Lasagna night. Not often we have it since its kinda labor intensive and you always have so much. I usually just make a basic lasagna with meat sauce but I decided to change it up a bit (like I seem to always do) by adding in a bechamel sauce. And I couldn't stop there so why not add some pesto? Both are super easy to make (mind you the clean up not so much) and I love pesto, it's my go to spread for so many things. The key to a great lasagna is to make sure to have even layers throughout.
For the Lasagna:
16 Strips of Dried Lasagna
1 Lb Ground Beef
1 - 23 oz Jar Prego Marinara Sauce (Or Your Favorite)
8 oz Ricotta
4 Cups Grated Mozzarella Cheese
2 Cups Milk
1 Cup Homemade or Store Bought Basil Pesto
3 Tbs Freshly Grated Parmagiano Reggiano Cheese
3 Tbs Unsalted Butter
3 Tbs All-purpose Flour
2 Tbs Honey
1 Dried Bay Leaf
1/4 tsp Dried Red Pepper Flakes
Freshly Grated Nutmeg
Kosher Salt and Freshly Ground Pepper to Taste
Pre-heat the oven to 375 degrees. Bring water to a boil in a large stock pot with a good handful of salt in it. In a large skillet over medium high heat add the ground beef. Season well with kosher salt and pepper. I use 80/20 beef so no oil is needed. Cook till lightly brown, about 6 minutes. Drain the fat, and add the marinara sauce, honey and red pepper flakes. Reduce heat and simmer for 10 minutes. Meanwhile, add pasta to the boiling salted water and cook according to package directions. While the pasta is cooking, melt butter in a small sauce pan over medium heat. Add flour and cook for about a minute. Slowly add milk in and whisk till no lumps remain. Add dried bay leaf, some kosher salt and pepper and a little freshly grated nutmeg. Simmer til thickened and can coat the back of a spoon. Remove from heat and add in pesto sauce, mix well. Drain pasta when finished and prepare to assemble.

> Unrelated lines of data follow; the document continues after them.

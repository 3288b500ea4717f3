-- ===== src/Memory/Crc/Examples.antt =====
-- The CRC of a byte, and the transpositions of a word.
use kinetis_k22_sim.Base.{◌%◌, ◌^◌, bit, for_range, flag, refl, ◌≡◌, arith, some, none}
use kinetis_k22_sim.Memory.Bytes.{valid_access, load_bytes, store_bytes}
use kinetis_k22_sim.Memory.Crc.{
  reset_crc, reverse_bits, crc_transpose_input, crc_bit_count, crc_accumulate, crc_round, crc_base,
  crc_valid_access, crc_read, crc_result, merge_bytes,
}
use kinetis_k22_sim.Memory.Crc.Transpose.{source_bit, crc_transpose_input_twice}
use kinetis_k22_sim.Memory.Crc.Serial.{feed_byte, crc_accumulate_lem}

crc_transpose_input_twice_example :
    (crc_transpose_input (crc_transpose_input 0x12345678 2) 2 ≡ 0x12345678)
    × (bit (crc_transpose_input 0x12345678 2) 3 ≡ bit 0x12345678 (source_bit 2 3))
crc_transpose_input_twice_example =
    crc_transpose_input_twice 0x12345678 2 3 (omega arith) (omega arith)

crc_accumulate_lem_example :
    (crc_accumulate reset_crc 0x31).value
    ≡ feed_byte
        (crc_bit_count reset_crc)
        reset_crc.polynomial
        (reset_crc.value % 2 ^ crc_bit_count reset_crc)
        0x31
crc_accumulate_lem_example = crc_accumulate_lem reset_crc 0x31 (omega arith)

-- CRC-16 with the polynomial 0x1021 and the seed 0xffff, of the byte "1".
crc_test : (crc_accumulate reset_crc 0x31).value ≡ 0xc782
unfolding crc_accumulate crc_round for_range flag
crc_test = refl

transpose_test : crc_transpose_input 0x12345678 3 ≡ 0x78563412
unfolding crc_transpose_input reverse_bits for_range
transpose_test = refl

read_test : crc_read reset_crc (crc_base) 4 ≡ some 0xffff
unfolding crc_read crc_result crc_valid_access valid_access crc_transpose_input reverse_bits
    for_range flag
read_test = refl

merge_test : merge_bytes 0x11223344 2 1 0xab ≡ 0x11ab3344
unfolding merge_bytes load_bytes store_bytes for_range
merge_test = refl

edge_test : crc_read reset_crc 0x40032007 2 ≡ none
unfolding crc_read crc_valid_access valid_access
edge_test = refl
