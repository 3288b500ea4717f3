-- ===== src/Memory/Rng.antt =====
-- src/device/kinetis/memory/integrity.c and runtime.c: the random number generator.
pub mod Sequence
pub mod Examples
use kinetis_k22_sim.Base.{
  ℕ, ◌+◌, ◌-◌, ◌*◌, ◌/◌, ◌%◌, ◌^◌, bit_and, bit_or, bit_xor, Bool, true, false, not, ◌&&◌, ◌||◌,
  leb, ◌==◌, ◌!=◌, if◌then◌else◌, u32, sub32, not32, List, [], ◌∷◌, ◌<<◌, ◌>>◌, flag, Option, some,
  none,
}
use kinetis_k22_sim.Memory.Bytes.{valid_access}

-- The generator in `struct KinetisData`, with the calls of the interrupt callback, the last first.
pub record Rng : Type 0 where
  pub control : ℕ
  pub status : ℕ
  pub error : ℕ
  pub output : ℕ
  pub state : ℕ
  pub cycles : ℕ
  pub interrupts : List Bool

-- The number that stands in for 0.
abbrev pub default_seed : ℕ
default_seed = 0x6d2b79f5

-- `kinetis_data_internal_rng_next`.
pub rng_next : ℕ → ℕ
rng_next seed_value =
    let first = bit_xor seed_value (u32 (seed_value << 13)) in
    let second = bit_xor first (first >> 17) in
    let third = bit_xor second (u32 (second << 5)) in if third == 0 then default_seed else third

abbrev pub rng_base : ℕ
rng_base = 0x40029000

abbrev pub interrupt : Rng → Bool → Rng
interrupt rng asserted = record rng { interrupts = asserted ∷ rng.interrupts }

-- `kinetis_data_internal_rng_read`: reading the output clears the ready bit.
pub rng_read : Rng → ℕ → ℕ → Rng × Option ℕ
rng_read rng address byte_count =
    let offset = sub32 address rng_base in
    if not (valid_access offset byte_count 16) || byte_count != 4
    then (rng, none)
    else if offset == 0
    then (rng, some rng.control)
    else if offset == 4
    then (rng, some rng.status)
    else if offset == 8
    then (rng, some rng.error)
    else if offset == 12
    then (interrupt (record rng { status = bit_and rng.status (not32 1) }) false, some rng.output)
    else (rng, none)

-- `kinetis_data_internal_rng_write`; `none` when it returns false.
pub rng_write : Rng → ℕ → ℕ → ℕ → Option Rng
rng_write rng address byte_count write_value =
    let offset = sub32 address rng_base in
    let written = record rng { control = bit_and write_value 0x1f } in
    let cleared =
      if flag write_value 0x10
      then interrupt (record written { status = 0; error = 0 }) false
      else written in
    if byte_count != 4 || not (valid_access offset byte_count 16) || offset != 0
    then none
    else some (if flag write_value 1 then record cleared { cycles = 64 } else cleared)

-- `kinetis_data_rng_seed`.
pub rng_seed : Rng → ℕ → Rng
rng_seed rng seed_value = record rng {
  state = if seed_value == 0 then default_seed else seed_value;
}

-- The generator's part of `kinetis_data_advance`.
pub rng_advance : Rng → ℕ → Rng
rng_advance rng cycle_count =
    let next = rng_next rng.state in
    let ready = record rng {
      cycles = 0;
      state = next;
      output = next;
      status = bit_or rng.status 1;
    } in
    if not (flag rng.control 1) || rng.cycles == 0
    then rng
    else if leb rng.cycles cycle_count
    then (if flag rng.control 2 then interrupt ready true else ready)
    else record rng { cycles = rng.cycles - cycle_count }
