-- ===== src/Memory/Rng/Sequence.antt =====
-- The generator's step loses no state and never gives 0.
use kinetis_k22_sim.Base.{
  ℕ, zero, suc, ◌+◌, ◌-◌, ◌^◌, ◌<◌, ◌≤◌, bit_xor, Bool, true, false, ◌&&◌, leb, ltb, ◌==◌,
  if◌then◌else◌, xor, u32, ◌<<◌, ◌>>◌, bit, bit-xor, bit-shl, bit-shr, bit-mod, bit_above, bits_ext,
  bit_xor-lt, ◌≡◌, refl, sym, ap, ◌∙◌, arith,
}
use kinetis_k22_sim.Memory.Rng.{default_seed, rng_next}

xor_cancel : (a b c : Bool) → xor a c ≡ xor b c → a ≡ b
unfolding xor
xor_cancel a b c h = ground arith

up : ℕ → ℕ → ℕ
up j x = bit_xor x (u32 (x << j))

down : ℕ → ℕ → ℕ
down j x = bit_xor x (x >> j)

bit-up : (j x k : ℕ) → bit (up j x) k ≡ xor (bit x k) (ltb k 32 && (leb j k && bit x (k - j)))
unfolding up
bit-up j x k = rw (bit-xor, bit-mod, bit-shl) refl

bit-down : (j x k : ℕ) → bit (down j x) k ≡ xor (bit x k) (bit x (j + k))
unfolding down
bit-down j x k = rw (bit-xor, bit-shr) refl

agree : (b p q : Bool) → (b ≡ true → p ≡ q) → (b && p) ≡ (b && q)
agree true p q h = h refl
agree false p q h = refl

up_digits : (j x y : ℕ) → 0 < j → up j x ≡ up j y → (n k : ℕ) → k < n → bit x k ≡ bit y k
up_digits j x y pos same zero k lt = absurd (omega arith)
up_digits j x y pos same (suc n) k lt =
    let digit = sym (bit-up j x k) ∙ ap (λ z. bit z k) same ∙ bit-up j y k in
    let earlier =
      agree (leb j k) (bit x (k - j)) (bit y (k - j))
        (λ h. up_digits j x y pos same n (k - j) (ground arith)) in
    xor_cancel (bit x k) (bit y k) _ (sym (ap (λ c. xor (bit x k) (ltb k 32 && c)) earlier) ∙ digit)

down_digits :
    (j x y : ℕ)
    → 0 < j
    → x < 2 ^ 32
    → y < 2 ^ 32
    → down j x ≡ down j y
    → (n k : ℕ) → 32 ≤ k + n
    → bit x k ≡ bit y k
down_digits j x y pos hx hy same zero k lt =
    bit_above 32 x k hx (omega arith) ∙ sym (bit_above 32 y k hy (omega arith))
down_digits j x y pos hx hy same (suc n) k lt =
    let digit = sym (bit-down j x k) ∙ ap (λ z. bit z k) same ∙ bit-down j y k in
    let later = down_digits j x y pos hx hy same n (j + k) (omega arith) in
    xor_cancel (bit x k) (bit y k) _ (sym (ap (λ c. xor (bit x k) c) later) ∙ digit)

up_inj : (j x y : ℕ) → 0 < j → x < 2 ^ 32 → y < 2 ^ 32 → up j x ≡ up j y → x ≡ y
up_inj j x y pos hx hy same = bits_ext 32 x y hx hy (λ k lt. up_digits j x y pos same 32 k lt)

down_inj : (j x y : ℕ) → 0 < j → x < 2 ^ 32 → y < 2 ^ 32 → down j x ≡ down j y → x ≡ y
down_inj j x y pos hx hy same =
    bits_ext 32 x y hx hy (λ k lt. down_digits j x y pos hx hy same 32 k (omega arith))

up-lt : (j x : ℕ) → x < 2 ^ 32 → up j x < 2 ^ 32
unfolding up
up-lt j x hx = bit_xor-lt 32 x (u32 (x << j)) hx (omega arith)

down-lt : (x : ℕ) → x < 2 ^ 32 → down 17 x < 2 ^ 32
unfolding down
down-lt x hx = bit_xor-lt 32 x (x >> 17) hx (omega arith)

-- The three shifts of the step.
pub mixed : ℕ → ℕ
mixed x = up 5 (down 17 (up 13 x))

mixed_inj : (x y : ℕ) → x < 2 ^ 32 → y < 2 ^ 32 → mixed x ≡ mixed y → x ≡ y
unfolding mixed
mixed_inj x y hx hy same =
    let a = up-lt 13 x hx in
    let b = up-lt 13 y hy in
    let last_shift =
      up_inj 5 (down 17 (up 13 x)) (down 17 (up 13 y)) (omega arith) (down-lt (up 13 x) a)
        (down-lt (up 13 y) b) same in
    let middle = down_inj 17 (up 13 x) (up 13 y) (omega arith) a b last_shift in
    up_inj 13 x y (omega arith) hx hy middle

mixed_zero : mixed 0 ≡ 0
unfolding mixed up down
mixed_zero = refl

rng_next-mixed : (x : ℕ) → rng_next x ≡ (if mixed x == 0 then default_seed else mixed x)
unfolding rng_next mixed up down
rng_next-mixed x = refl

-- From 32-bit states other than 0, the generator's step is the three shifts alone, which give a
-- 32-bit number that is not 0, and two states have the same successor only if they are the same.
pub rng_next_lem :
    (x y : ℕ)
    → x < 2 ^ 32
    → y < 2 ^ 32
    → 0 < x
    → 0 < y
    → (rng_next x ≡ mixed x)
      × (0 < rng_next x)
      × (rng_next x < 2 ^ 32)
      × ((rng_next x == rng_next y) ≡ (x == y))
rng_next_lem x y hx hy px py =
    let first = rng_next-mixed x in
    let second = rng_next-mixed y in
    let zero_x = mixed_inj x 0 hx (omega arith) in
    let zero_y = mixed_inj y 0 hy (omega arith) in
    let whole = mixed_inj x y hx hy in
    let start = mixed_zero in
    let small : mixed x < 2 ^ 32 =
      unfold mixed in up-lt 5 (down 17 (up 13 x)) (down-lt (up 13 x) (up-lt 13 x hx)) in
    (ground arith, ground arith, ground arith, ground arith)
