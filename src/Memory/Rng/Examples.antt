-- ===== src/Memory/Rng/Examples.antt =====
-- The generator from its reset state.
use kinetis_k22_sim.Base.{ℕ, ◌<◌, ◌^◌, ◌≡◌, ◌==◌, refl, arith, flag, []}
use kinetis_k22_sim.Memory.Rng.{Rng, default_seed, rng_next, rng_advance}
use kinetis_k22_sim.Memory.Rng.Sequence.{mixed, rng_next_lem}

abbrev running : Rng
running = record {
  control = 3;
  status = 0x00010000;
  error = 0;
  output = 0;
  state = default_seed;
  cycles = 64;
  interrupts = [];
}

abbrev other : ℕ
other = 1

rng_next_lem_example :
    (rng_next default_seed ≡ mixed default_seed)
    × (0 < rng_next default_seed)
    × (rng_next default_seed < 2 ^ 32)
    × ((rng_next default_seed == rng_next other) ≡ (default_seed == other))
rng_next_lem_example =
    rng_next_lem default_seed other (omega arith) (omega arith) (omega arith) (omega arith)

ready_test : (rng_advance running 64).status ≡ 0x00010001
unfolding rng_advance flag
ready_test = refl

waiting_test : (rng_advance running 10).cycles ≡ 54
unfolding rng_advance flag
waiting_test = refl
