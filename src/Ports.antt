-- ===== src/Ports.antt =====
-- The ports and their pins, src/device/kinetis/gpio.
pub mod State
pub mod Levels
pub mod Control
pub mod Gpio
pub mod Output
pub mod Flags
pub mod Examples
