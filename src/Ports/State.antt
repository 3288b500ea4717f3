-- ===== src/Ports/State.antt =====
-- device/kinetis/gpio/core.c and io.h: the state of one port. The functions take the number of the port
-- and use the cell of that number in each array of `KinetisIo`; a Port is these cells.
use kinetis_k22_sim.Base.{
  ℕ, ◌-◌, ◌*◌, ◌^◌, Bool, ◌&&◌, ltb, ◌==◌, if◌then◌else◌, bit_and, bit_or, flag, not32, u32, ◌<<◌,
  List, ◌∷◌,
}

-- The first three are the events of a port.
pub data EventType : Type 0 where
  irq : EventType
  dma : EventType
  gpio_output : EventType
  usb_token : EventType
  can_transmit : EventType
  i2s_transmit : EventType
  flexbus_transfer : EventType
  access_error : EventType

pub record Event : Type 0 where
  pub type : EventType
  pub source : ℕ
  pub value : ℕ
  pub auxiliary : ℕ

-- `is_mkv10` tells the profile KINETIS_PROFILE_MKV10Z1287, and `port_clocked` is `clock_enabled` of the
-- port's peripheral. `events` has the calls of the event handler, the last one first.
pub record Port : Type 0 where
  pub number : ℕ
  pub pcr : List ℕ
  pub isfr : ℕ
  pub dfer : ℕ
  pub dfcr : ℕ
  pub dfwr : ℕ
  pub pdor : ℕ
  pub pddr : ℕ
  pub external : ℕ
  pub external_drive : ℕ
  pub filtered : ℕ
  pub package_pin_mask : ℕ
  pub port_clocked : Bool
  pub is_mkv10 : Bool
  pub events : List Event

abbrev pub pcr_isf : ℕ
pcr_isf = 1 << 24

abbrev pub pcr_lk : ℕ
pcr_lk = 1 << 15

abbrev pub pcr_ode : ℕ
pcr_ode = 1 << 5

abbrev pub pcr_pe : ℕ
pcr_pe = 1 << 1

abbrev pub pcr_ps : ℕ
pcr_ps = 1

abbrev pub pcr_writable : ℕ
pcr_writable = 0x010f87f7

abbrev pub emit : Port → EventType → ℕ → ℕ → ℕ → Port
emit port type source value auxiliary = record port {
  events =
      record { type = type; source = source; value = value; auxiliary = auxiliary } ∷ port.events;
}

abbrev pub width_mask : ℕ → ℕ
width_mask size = if size == 4 then 2 ^ 32 - 1 else (1 << (size * 8)) - 1

-- A register with the bytes at `offset` written.
unfoldable pub merge_value : ℕ → ℕ → ℕ → ℕ → ℕ
merge_value previous_value offset size write_value =
    let shift = bit_and offset 3 * 8 in
    let bit_mask = u32 (width_mask size << shift) in
    bit_or (bit_and previous_value (not32 bit_mask)) (bit_and (u32 (write_value << shift)) bit_mask)

unfoldable pub pin_exists : Port → ℕ → Bool
pin_exists port pin = ltb pin 32 && flag port.package_pin_mask (1 << pin)
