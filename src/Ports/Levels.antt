-- ===== src/Ports/Levels.antt =====
-- device/kinetis/gpio/core.c: the levels of the pins, and the events of their changes.
use kinetis_k22_sim.Base.{
  ℕ, ◌+◌, ◌*◌, Bool, true, not, ◌&&◌, ◌||◌, leb, ◌==◌, if◌then◌else◌, bit_and, bit_or, bit_xor,
  flag, not32, of_bool, ◌<<◌, ◌>>◌, ◌!◌, set, for_range, xor,
}
use kinetis_k22_sim.Ports.State.{
  Port, dma, irq, gpio_output, emit, pcr_isf, pcr_ode, pcr_pe, pcr_ps, pin_exists,
}

-- The level of a pin: what it drives as an output, unless it is open drain and drives 1; else what is
-- driven from outside; else what it is pulled to.
unfoldable pub pin_high : Port → ℕ → Bool
pin_high port pin =
    let pcr = port.pcr ! pin in
    let mask = 1 << pin in
    let is_output = flag port.pddr mask && bit_and (pcr >> 8) 7 == 1 in
    if is_output && (not (flag pcr pcr_ode) || not (flag port.pdor mask))
    then flag port.pdor mask
    else if flag port.external_drive mask
    then flag port.external mask
    else flag pcr pcr_pe && flag pcr pcr_ps

unfoldable pub pin_level_unfiltered : Port → ℕ
pin_level_unfiltered port =
    for_range 32 0
      (λ pin levels.
        if pin_exists port pin && pin_high port pin then bit_or levels (1 << pin) else levels)
      0

pub pin_level : Port → ℕ
pin_level port =
    let filtered = bit_and port.dfer port.package_pin_mask in
    bit_or (bit_and (pin_level_unfiltered port) (not32 filtered)) (bit_and port.filtered filtered)

-- Whether a change of a pin from `previous` to `current` triggers its event, by IRQC.
pub is_triggered : ℕ → Bool → Bool → Bool
is_triggered interrupt_config previous current =
    if interrupt_config == 1 || interrupt_config == 9
    then not previous && current
    else if interrupt_config == 2 || interrupt_config == 10
    then previous && not current
    else if interrupt_config == 3 || interrupt_config == 11
    then true
    else if interrupt_config == 8
    then not current
    else interrupt_config == 12 && current

abbrev pub port_irq : Port → ℕ
port_irq port = if port.is_mkv10 then (if port.number == 0 then 30 else 31) else 59 + port.number

pub update_pin_event : Port → ℕ → Bool → Bool → Port
update_pin_event port pin previous current =
    let interrupt_config = bit_and (port.pcr ! pin >> 16) 15 in
    let mask = 1 << pin in
    let flagged = record port {
      isfr = bit_or port.isfr mask;
      pcr = set port.pcr pin (bit_or (port.pcr ! pin) pcr_isf);
    } in
    if not (xor previous current) || not (is_triggered interrupt_config previous current)
    then port
    else if leb interrupt_config 3
    then emit flagged dma (port.number * 32 + pin) (of_bool current) interrupt_config
    else emit flagged irq (port_irq port) mask interrupt_config

-- The loop of `update_output_events` takes the lowest digit of `changed` again and again: it emits an
-- event for each of the digits, from the lowest up.
unfoldable pub update_output_events : Port → ℕ → Port
update_output_events port previous_pin_level =
    let current = pin_level port in
    let changed =
      bit_and (bit_and (bit_xor previous_pin_level current) port.pddr) port.package_pin_mask in
    for_range 32 0
      (λ pin emitted.
        if flag changed (1 << pin)
        then emit emitted gpio_output (port.number * 32 + pin) (of_bool (flag current (1 << pin)))
            (bit_and (port.pcr ! pin >> 8) 7)
        else emitted)
      port

pub commit_pin_level : Port → ℕ → Bool → Bool → Port
commit_pin_level port pin previous high =
    let mask = 1 << pin in
    let filtered = if high then bit_or port.filtered mask else bit_and port.filtered (not32 mask) in
    update_pin_event (record port { filtered = filtered }) pin previous high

In a large baking dish pour a little bit of the pesto sauce on the bottom of the pan. Layer some pasta noodles (about 4 should be sufficient), then spread half of the meat sauce, crumble some of the ricotta around evenly around, 1/4 of the mozzarella and then layer with 4 more pasta noodles. This time ladle some of the pesto bechamel, evenly spread it around, and 1/4 of the mozzarella and layer 4 more noodles. Spread the remaining meat sauce, the ricotta and 1/4 more of the mozzarella. Layer the final 4 pasta noodles, the remaining bechamel and mozzarella. Top with the grated parmigiano reggiano and wrap some foil on the top. Bake in the oven for about 35 minutes. Remove the foil and bake for an additional 10 minutes. Remove from the oven and slice into even serving pieces. Serve hot.